What does this survey result really say?
It’s amazing how vividly I still remember the first days of my teaching career. I clearly remember the anticipation of having my own classroom; I remember developing course outlines, year plans and unit plans; I remember wrestling with big pedagogical questions and making foundational professional decisions about how I wanted to approach learning.
Those first days are an exciting and challenging time. I expect that you too can remember them — whether it was three years ago or 30.
Now, here’s an interesting question: would you say that, when you were a recent bachelor of education graduate, you were well prepared to meet the responsibilities of teaching?
I would like to think that I was. Yet no amount of university preparation could have prepared me for all the challenges I faced in my first year. No course would have helped me deal with a group of students who were baiting me with insolent behaviour while holding a video camera in my face. I had good days, I had bad days — but I would say I had a successful year.
What do you think? Were you well prepared? What do you think your principal would have said if asked?
According to a survey included in Alberta Education’s 2014–15 annual report, 64 per cent of principals agreed with the statement, “that recent bachelor of education graduates are well prepared to meet their responsibilities as teachers.”
In the long, slow days of summer this year, the survey result made its way into the news cycle.
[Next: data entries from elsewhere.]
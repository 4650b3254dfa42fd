-- ===== src/Tools/Calls/Kept.antt =====
-- What a step of a call loses: no step but the maintenance of the files loses a fact.
pub mod Growing
pub mod Handlers
pub mod Written
pub mod Runs
use narrative_ai_agent.Prelude.{
  ◌≡◌, refl, sym, ap, ◌∙◌, subst, ◌⊎◌, inl, inr, Bool, true, false, not, ◌&&◌, Bool-cases, Option,
  none, some, List, [], ◌∷◌, All, if◌then◌else◌, Result, ok, err, arith,
}
use narrative_ai_agent.Prelude.Text.{Text, lit, trim_space, text_eq}
use narrative_ai_agent.CharacterProfile.{Section}
use narrative_ai_agent.CharacterProfile.Growth.{Extends, Extends-trans}
use narrative_ai_agent.NpcProfile.{Profile}
use narrative_ai_agent.Repositories.{Action}
use narrative_ai_agent.Session.{start}
use narrative_ai_agent.Tools.Npc.{NewProfile, NpcFiles}
use narrative_ai_agent.Tools.Npc.Memory.{
  Kept, Grows-refl, Grows-trans, NpcCall, create_call, update_call, run_call, run_call-Kept,
}
use narrative_ai_agent.Tools.Character.{
  CharacterFile, CharacterFiles, Call, append_soul_tool, append_skill_tool, append_memory_tool,
  append_inventory_item, remove_inventory_item, set_currency_tool, remove_currency_tool,
}
use narrative_ai_agent.Tools.Character.Facts.{
  sections_of, Has, Grown, Grown-refl, CharacterCall, soul_call, skill_call, memory_call, item_call,
  drop_item_call, currency_call, drop_currency_call, run_character_call, run_character_call-Grown,
}
use narrative_ai_agent.Tools.Calls.{
  Refusal, said, Payload, Fields, World, Do, done, refuse, ◌>>=◌, ◌>>◌, go_on, attempt, on_store,
  on_npcs, on_characters, needs, current_world, is_full, Backend,
}
use narrative_ai_agent.Tools.Calls.People.{run_create_npc, run_update_npc, with_character}

-- Every profile of an NPC and every section of a character's file is still there, with perhaps more.
abbrev pub Keeps : World → World → Type 0
Keeps w v =
    ((world slug : Text) (p : Profile)
      → w.npcs.profiles world slug ≡ ok (some p)
      → Kept v.npcs world slug p)
    × Grown w.characters v.characters

pub Keeps-refl : (w : World) → Keeps w w
Keeps-refl w = (λ world slug p holds. (p, holds, Grows-refl p), Grown-refl w.characters)

pub Keeps-trans : (u v w : World) → Keeps u v → Keeps v w → Keeps u w
Keeps-trans u v w (npcs, characters) (npcs', characters') = (
  λ world slug p holds.
      let (q, holds', grows) = npcs world slug p holds in
      let (r, holds'', grows') = npcs' world slug q holds' in
      (r, holds'', Grows-trans p q r grows grows'),
  λ kind character ss found.
      let (ss', found', extends) = characters kind character ss found in
      let (ss'', found'', extends') = characters' kind character ss' found' in
      (ss'', found'', Extends-trans extends extends'),
)

-- A call after which they all are.
pub record Safe {A : Type 0} (m : Do A) : Type 0 where
  pub keeps : (w : World) → Keeps w (m w).1

pub refuse-Safe : {A : Type 0} (e : Refusal) → Safe {A = A} (refuse e)
unfolding refuse
refuse-Safe e = record { keeps = λ w. Keeps-refl w }

module _ {A : Type 0} where
  pub done-Safe : (a : A) → Safe (done a)
  unfolding done
  done-Safe a = record { keeps = λ w. Keeps-refl w }

  pub on_store-Safe : (act : Action A) → Safe (on_store act)
  unfolding on_store
  on_store-Safe act = record {
    keeps = λ w. (λ world slug p holds. (p, holds, Grows-refl p), Grown-refl w.characters);
  }

  pub on_characters-Safe :
      (act : Call A) → ((s : CharacterFiles) → Grown s (act s).1) → Safe (on_characters act)
  unfolding on_characters
  on_characters-Safe act grows = record {
    keeps = λ w. (λ world slug p holds. (p, holds, Grows-refl p), grows w.characters);
  }

module _ {A B : Type 0} where
  go_on-Safe :
      (r : Result Refusal A) (f : A → Do B) (u v : World)
      → Keeps u v
      → ((a : A) → Safe (f a))
      → Keeps u (go_on r f v).1
  go_on-Safe (ok a) f u v first later = Keeps-trans u v (f a v).1 first ((later a).keeps v)
  go_on-Safe (err e) f u v first later = first

  pub bind-Safe : (m : Do A) (f : A → Do B) → Safe m → ((a : A) → Safe (f a)) → Safe (m >>= f)
  unfolding ◌>>=◌
  bind-Safe m f first later = record {
    keeps = λ w. go_on-Safe (m w).0 f w (m w).1 (first.keeps w) later;
  }

  pub attempt-Safe :
      (m : Do A) (f : Result Refusal A → Do B)
      → Safe m
      → ((r : Result Refusal A) → Safe (f r))
      → Safe (attempt m f)
  unfolding attempt
  attempt-Safe m f first later = record {
    keeps = λ w.
        Keeps-trans w (m w).1 (f (m w).0 (m w).1).1 (first.keeps w) ((later (m w).0).keeps (m w).1);
  }

pub needs-Safe : (there : Bool) (what : Text) → Safe (needs there what)
unfolding needs
needs-Safe true what = done-Safe tt
needs-Safe false what = refuse-Safe (said what)

pub current_world-Safe : Safe current_world
unfolding current_world
current_world-Safe = record { keeps = λ w. Keeps-refl w }

module _ (b : Backend) where
  pub run_create_npc-Safe : (world : Text) (spec : NewProfile) → Safe (run_create_npc b world spec)
  unfolding run_create_npc run_call on_npcs
  run_create_npc-Safe world spec = record {
    keeps = λ w. (
      λ w' slug p holds.
          run_call-Kept b.to_lower b.equal_fold b.read_roster b.write_roster true
            (create_call world spec) w.npcs w' slug p holds,
      Grown-refl w.characters,
    );
  }

  pub run_update_npc-Safe :
      (world npc section value : Text) → Safe (run_update_npc b world npc section value)
  unfolding run_update_npc run_call on_npcs
  run_update_npc-Safe world npc section value = record {
    keeps = λ w. (
      λ w' slug p holds.
          run_call-Kept b.to_lower b.equal_fold b.read_roster b.write_roster true
            (update_call world npc section value) w.npcs w' slug p holds,
      Grown-refl w.characters,
    );
  }

  pub with_character-Safe :
      {A : Type 0} (act : Text → Call A)
      → ((character : Text) (s : CharacterFiles) → Grown s (act character s).1)
      → Safe (with_character b act)
  unfolding with_character
  with_character-Safe act grows =
      bind-Safe (on_store start) _ (on_store-Safe start)
        (λ sc. on_characters-Safe (act sc.character) (grows sc.character))

-- How a call is put together.
pub ruleset steps =
    (bind-Safe, attempt-Safe, needs-Safe, current_world-Safe, on_store-Safe, done-Safe)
It was newsworthy in two regards: it suggests that a third of principals don’t feel recent graduates are well prepared, and the trend over time shows that the proportion of principals who feel that grads are well prepared dropped by 10 percentage points from 2013 to 2014.
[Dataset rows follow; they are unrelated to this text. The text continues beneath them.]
-- ===== src/Tools/Calls/Kept/Growing.antt =====
-- The edits of the files of a character lose no fact.
use narrative_ai_agent.Prelude.{Bool}
use narrative_ai_agent.Prelude.Text.{Text}
use narrative_ai_agent.Prelude.Int.{ℤ}
use narrative_ai_agent.Inventory.{Item}
use narrative_ai_agent.Tools.Character.{
  CharacterFiles, Call, append_soul_tool, append_skill_tool, append_memory_tool,
  append_inventory_item, remove_inventory_item, set_currency_tool, remove_currency_tool,
}
use narrative_ai_agent.Tools.Character.Facts.{
  Grown, soul_call, skill_call, memory_call, item_call, drop_item_call, currency_call,
  drop_currency_call, run_character_call, run_character_call-Grown,
}

abbrev pub Grows : (Text → Call Bool) → Type 0
Grows act = (character : Text) (s : CharacterFiles) → Grown s (act character s).1

pub soul-Grows :
    (section value : Text) → Grows (λ character. append_soul_tool character section value)
unfolding run_character_call
soul-Grows section value character = run_character_call-Grown (soul_call character section value)

pub skill-Grows :
    (section value : Text) → Grows (λ character. append_skill_tool character section value)
unfolding run_character_call
skill-Grows section value character = run_character_call-Grown (skill_call character section value)

pub memory-Grows :
    (section value : Text) → Grows (λ character. append_memory_tool character section value)
unfolding run_character_call
memory-Grows section value character =
    run_character_call-Grown (memory_call character section value)

pub item-Grows : (item : Item) → Grows (λ character. append_inventory_item character item)
unfolding run_character_call
item-Grows item character = run_character_call-Grown (item_call character item)

pub drop_item-Grows : (name : Text) → Grows (λ character. remove_inventory_item character name)
unfolding run_character_call
drop_item-Grows name character = run_character_call-Grown (drop_item_call character name)

pub currency-Grows :
    (count : ℤ) (name : Text) → Grows (λ character. set_currency_tool character name count)
unfolding run_character_call
currency-Grows count name character = run_character_call-Grown (currency_call character name count)

pub drop_currency-Grows : (name : Text) → Grows (λ character. remove_currency_tool character name)
unfolding run_character_call
drop_currency-Grows name character = run_character_call-Grown (drop_currency_call character name)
There is no way of knowing exactly what principals were thinking when they responded to this question, as the survey did not ask any follow-ups. But the narrative most likely to emerge is that universities now lack the rigour or quality of instruction that they might have had once before. It is a common and dangerous sentiment that is pervasive throughout education — including post-secondary and K–12.
It would be impossible for universities to prepare teachers for all of the challenges of the profession. Universities must provide good exposure to the realities of teaching through substantive and high-quality practicum placements, but it can never be enough. The beginning years of teaching are valuable formative years that are jam-packed with irreplaceable on-the-job learning.
And so it is incredibly important that we support our beginning teachers. Beginning teachers should be placed into trusting, authentic, engaging and well-resourced mentorship pairings; they should have access to high-quality and ongoing professional development; and they should be afforded reduced assignments in order to provide additional time for planning, collaboration, reflection and professional growth.
I also wonder, though, to what extent principals were responding to changes in the quality of graduates and to what extent principals were responding to changes in the responsibilities of teaching. There is no doubt in my mind that the demands on teachers and the complexity of their work has changed significantly since I graduated with my bachelor of education.
According to international data, Alberta’s teachers face some of the most complex classrooms in the world. These classrooms contain more students and are more likely to include special needs and ESL students. Class size and complexity have grown significantly in recent years. In fact, the 10 point drop on the principal’s survey results coincided with a year when there were significant budget cuts and a significant increase in demands on teachers as a result of eroding conditions of practice. This cannot be ignored.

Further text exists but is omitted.